Beyond hardware and machine learning, significant opportunities exist at the product-design layer.
Current implementations prioritize wired connectivity to maintain deterministic latency.
Future research may investigate:
- Bluetooth Low Energy Audio
- Auracast Broadcast Audio
- Hearing Aid Profile integration
- Hybrid wired-wireless architectures
while preserving synchronization requirements.
A companion application could provide:
- Device configuration
- Enhancement controls
- Listening profiles
- Firmware updates
- Performance monitoring
This would improve accessibility and usability for non-technical users.

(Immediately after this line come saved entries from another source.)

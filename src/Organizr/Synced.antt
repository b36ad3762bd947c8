-- ===== src/Organizr/Synced.antt =====
-- The end of a run of organizr-sync.py that does not fail.
use mathlib.Core.Path.{subst}
use k8s_homelab.Prelude.{
  ◌∙◌, ◌∷◌, ap, sym, refl, none, List, list_eq, nat_eq, inr, arith, inl, false, Option-cases, [],
  true, some, Option, ◌≡◌, Bool,
}
use k8s_homelab.Prelude.Dict.{AllEntries, keys, Dict}
use k8s_homelab.Prelude.Text.{codes, Text}
use k8s_homelab.Organizr.Placed.{placed_tabs-ArePlaced, ArePlaced}
use k8s_homelab.Organizr.Ids.{ids_of-HasId, HasId}
use k8s_homelab.Organizr.Follows.{remove_unlisted-Follows, apply_list-Follows, later_trans, Follows}
use k8s_homelab.Organizr.Main.{
  ids_of, category_ids, sync_given, verified, main, sync_placed, sync_tabs, then_run, placed_tabs,
  Problem, Spec,
}
use k8s_homelab.Organizr.{remove_unlisted, apply_list, list_of, Answers, Session, Items}
use k8s_homelab.Organizr.ReadBack.{Matches, verify-Matches}
use k8s_homelab.Organizr.Setup.{Env}
use k8s_homelab.Json.{Value}

module _ (repr : Value → Text) (os_error : Session → Bool) (answer : Answers) (env : Env) where
  -- Organizr's list of its categories, in answer to a request after `s`.
  abbrev pub categories_at : Session → Option Items × Session
  categories_at s = list_of answer (codes "categories") (codes "category") s

  -- `listed` is the list of categories that Organizr gave after `before`. The tabs that are read back
  -- at the end, which comes after that, are those of the specification with the ids from the list.
  abbrev pub Synced : Spec → Session → Type 0
  Synced spec sent =
      (before : Session) × (listed : Items) × (tabs : Items) × (s : Session) × ((categories_at
          before).0
        ≡ some listed)
      × ArePlaced listed spec.tabs tabs
      × Follows (categories_at before).1 s
      × Matches repr os_error answer env spec tabs s sent

  then_run_ends :
      (P : Session → Type 0) (before : Bool × Session) (next : Session → Bool × Session)
      → ((next before.1).0 ≡ true → P (next before.1).1)
      → (then_run before next).0 ≡ true
      → P (then_run before next).1
  unfolding then_run
  then_run_ends P (true, s) next f h = f h
  then_run_ends P (false, s) next f h = absurd (cc)

  verified_lem :
      (r : Option (List Problem) × Session)
      → (verified r).0 ≡ true
      → (r.0 ≡ some []) × ((verified r).1 ≡ r.1)
  verified_lem (some [], s) h = (refl, refl)
  verified_lem (some (p ∷ ps), s) h = absurd (cc)
  verified_lem (none, s) h = absurd (cc)

  -- What the last requests of a run give, which follow `sent`.
  abbrev Ends : Spec → Items → Session → Session → Type 0
  Ends spec tabs sent t =
      (s : Session) × Follows sent s × Matches repr os_error answer env spec tabs s t

  sync_tabs-Ends :
      (spec : Spec) (tabs : Items) (sent : Session)
      → (sync_tabs repr os_error answer env spec tabs sent).0 ≡ true
      → Ends spec tabs sent (sync_tabs repr os_error answer env spec tabs sent).1
  unfolding sync_tabs
  sync_tabs-Ends spec tabs sent =
      let s = (apply_list repr answer (codes "tabs") (codes "name") tabs sent).1 in
      let rest = remove_unlisted repr answer in
      let t = (rest (codes "tabs") (codes "name") (keys tabs) spec.exact s).1 in
      let names = keys spec.categories in
      let u = (rest (codes "categories") (codes "category") names spec.exact t).1 in
      let later : Follows sent u =
        later_trans sent s u (apply_list-Follows repr answer _ _ tabs sent) (
          later_trans s t u (remove_unlisted-Follows repr answer _ _ (keys tabs) spec.exact s)
            (remove_unlisted-Follows repr answer _ _ names spec.exact t)) in
      let P : Session → Type 0 = Ends spec tabs sent in
      then_run_ends P _ _ (
        then_run_ends P _ _ (
          then_run_ends P _ _ (λ h.
            let (e, q) = verified_lem _ h in
            (
              u,
              later,
              subst (Matches repr os_error answer env spec tabs u) (sym q)
                  (verify-Matches repr os_error answer env spec tabs u e),
            ))))

  sync_given-Synced :
      (spec : Spec) (before : Session) (listed : Items) (ids : Dict Text Value) (o : Option Items)
      → (categories_at before).0 ≡ some listed
      → AllEntries (HasId listed) ids
      → placed_tabs ids spec.tabs ≡ o
      → (sync_given repr os_error answer env spec o (categories_at before).1).0 ≡ true
      → Synced spec (sync_given repr os_error answer env spec o (categories_at before).1).1
  sync_given-Synced spec before listed ids none l a e h = absurd (cc)
  sync_given-Synced spec before listed ids (some tabs) l a e h =
      let (s, f, m) = sync_tabs-Ends spec tabs (categories_at before).1 h in
      (before, listed, tabs, s, l, placed_tabs-ArePlaced listed ids a spec.tabs tabs e, f, m)

  category_ids_lem :
      (names : List Text) (before : Session) (listed : Items)
      → (categories_at before).0 ≡ some listed
      → category_ids repr os_error answer env names before
        ≡ (ids_of listed names, (categories_at before).1)
  unfolding category_ids
  category_ids_lem names before listed e = rw e refl

  category_ids-none :
      (names : List Text) (before : Session)
      → (categories_at before).0 ≡ none
      → (category_ids repr os_error answer env names before).0 ≡ none
  unfolding category_ids
  category_ids-none names before e = rw e refl

  none_fails :
      (spec : Spec) (r : Option (Dict Text Value) × Session)
      → r.0 ≡ none
      → (sync_placed repr os_error answer env spec r).0 ≡ false
  none_fails spec (none, sent) e = refl
  none_fails spec (some ids, sent) e = absurd (cc)

  sync_placed-Synced :
      (spec : Spec) (before : Session)
      → let r = category_ids repr os_error answer env (keys spec.categories) before in
        (sync_placed repr os_error answer env spec r).0 ≡ true
        → Synced spec (sync_placed repr os_error answer env spec r).1
  sync_placed-Synced spec before h =
      let names = keys spec.categories in
      let r = category_ids repr os_error answer env names before in
      elim (Option-cases (categories_at before).0) [
        | inl e ↦ absurd (ground (arith, none_fails spec r (category_ids-none names before e)))
        | inr (listed, e) ↦
            let run = category_ids_lem names before listed e in
            elim (Option-cases (ids_of listed names)) [
              | inl f ↦ absurd (ground (arith, none_fails spec r (ap (λ r. r.0) run ∙ f)))
              | inr (ids, f) ↦
                  let t = (categories_at before).1 in
                  let Q : Option (Dict Text Value) × Session → Type 0 = λ r.
                    (sync_placed repr os_error answer env spec r).0 ≡ true
                    → Synced spec (sync_placed repr os_error answer env spec r).1 in
                  subst Q (sym (run ∙ ap (λ o. (o, t)) f))
                    (sync_given-Synced spec before listed ids (placed_tabs ids spec.tabs) e
                      (ids_of-HasId listed names ids f) refl)
                    h
            ]
      ]

  -- A run of organizr-sync.py that does not fail ends with three requests that read back Organizr's
  -- settings, categories and tabs. Each secret setting is there then and each other one is as wanted, in
  -- either case; each category and each tab is there, and each tab differs in nothing that is wanted of
  -- it, with the id that Organizr's list of categories gave, earlier in the run, for its category; with
  -- remove_unlisted there are no other categories and tabs.
  pub main-Synced :
      (spec : Spec) (sent : Session)
      → (main repr os_error answer env spec sent).0 ≡ true
      → Synced spec (main repr os_error answer env spec sent).1
  unfolding main
  main-Synced spec sent =
      let P = Synced spec in
      then_run_ends P _ _ (
        then_run_ends P _ _ (then_run_ends P _ _ (then_run_ends P _ _ (sync_placed-Synced spec _))))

Future beamforming systems may dynamically track active speakers using:
- Voice Activity Detection
- Direction-of-Arrival estimation
- Multi-speaker localization
This would further improve conversational awareness in dynamic environments.
Although originally designed for hearing accessibility, the underlying architecture has broader accessibility implications.
Potential deployment scenarios include:
- Schools
- Universities
- Lecture halls
- Libraries
- Training centers
where speech intelligibility remains a significant challenge.
Age-related hearing loss affects a growing population worldwide.
CLARITY-inspired systems may provide:
- Improved conversational clarity
- Enhanced social participation
- Reduced listening fatigue
for older adults.
The platform may support:
- Office environments
- Meeting rooms
- Hybrid workspaces
- Customer interaction settings
where speech clarity directly influences productivity.
Perhaps the most exciting future direction lies outside the original problem domain.
The core technologies behind CLARITY are applicable wherever speech must be extracted from noise in real time.
The architecture can be adapted for:
- Conference microphones
- Remote collaboration tools
- Smart meeting rooms
- Hybrid education systems
to improve voice quality under challenging acoustic conditions.
Future consumer products could leverage the same architecture to provide:
- Environmental speech enhancement
- Adaptive listening modes
- Context-aware audio processing
within everyday wearable devices.
Speech enhancement remains a critical challenge for robots operating in noisy environments.
Potential applications include:
- Service robotics
- Human-robot interaction
- Autonomous assistants
- Voice-controlled industrial systems
where reliable speech perception is essential.
The broader vision of CLARITY extends beyond hearing accessibility.
At its core, the project demonstrates how low-cost edge hardware can execute sophisticated audio intelligence in real time.
Future systems may evolve into:
- Intelligent communication devices
- Context-aware audio interfaces
- Real-time speech mediation platforms
- Human-centered edge-AI systems
capable of understanding and enhancing acoustic environments rather than merely transmitting sound.
The ultimate objective of CLARITY is not simply to build a better hearing-assistance device.
It is to explore a future in which affordable edge-AI systems can intelligently mediate human communication, making speech more accessible, understandable, and inclusive across a wide range of environments.
The current prototype demonstrates the technical feasibility of this vision. Future research, engineering, and product development efforts will determine how far that vision can be extended.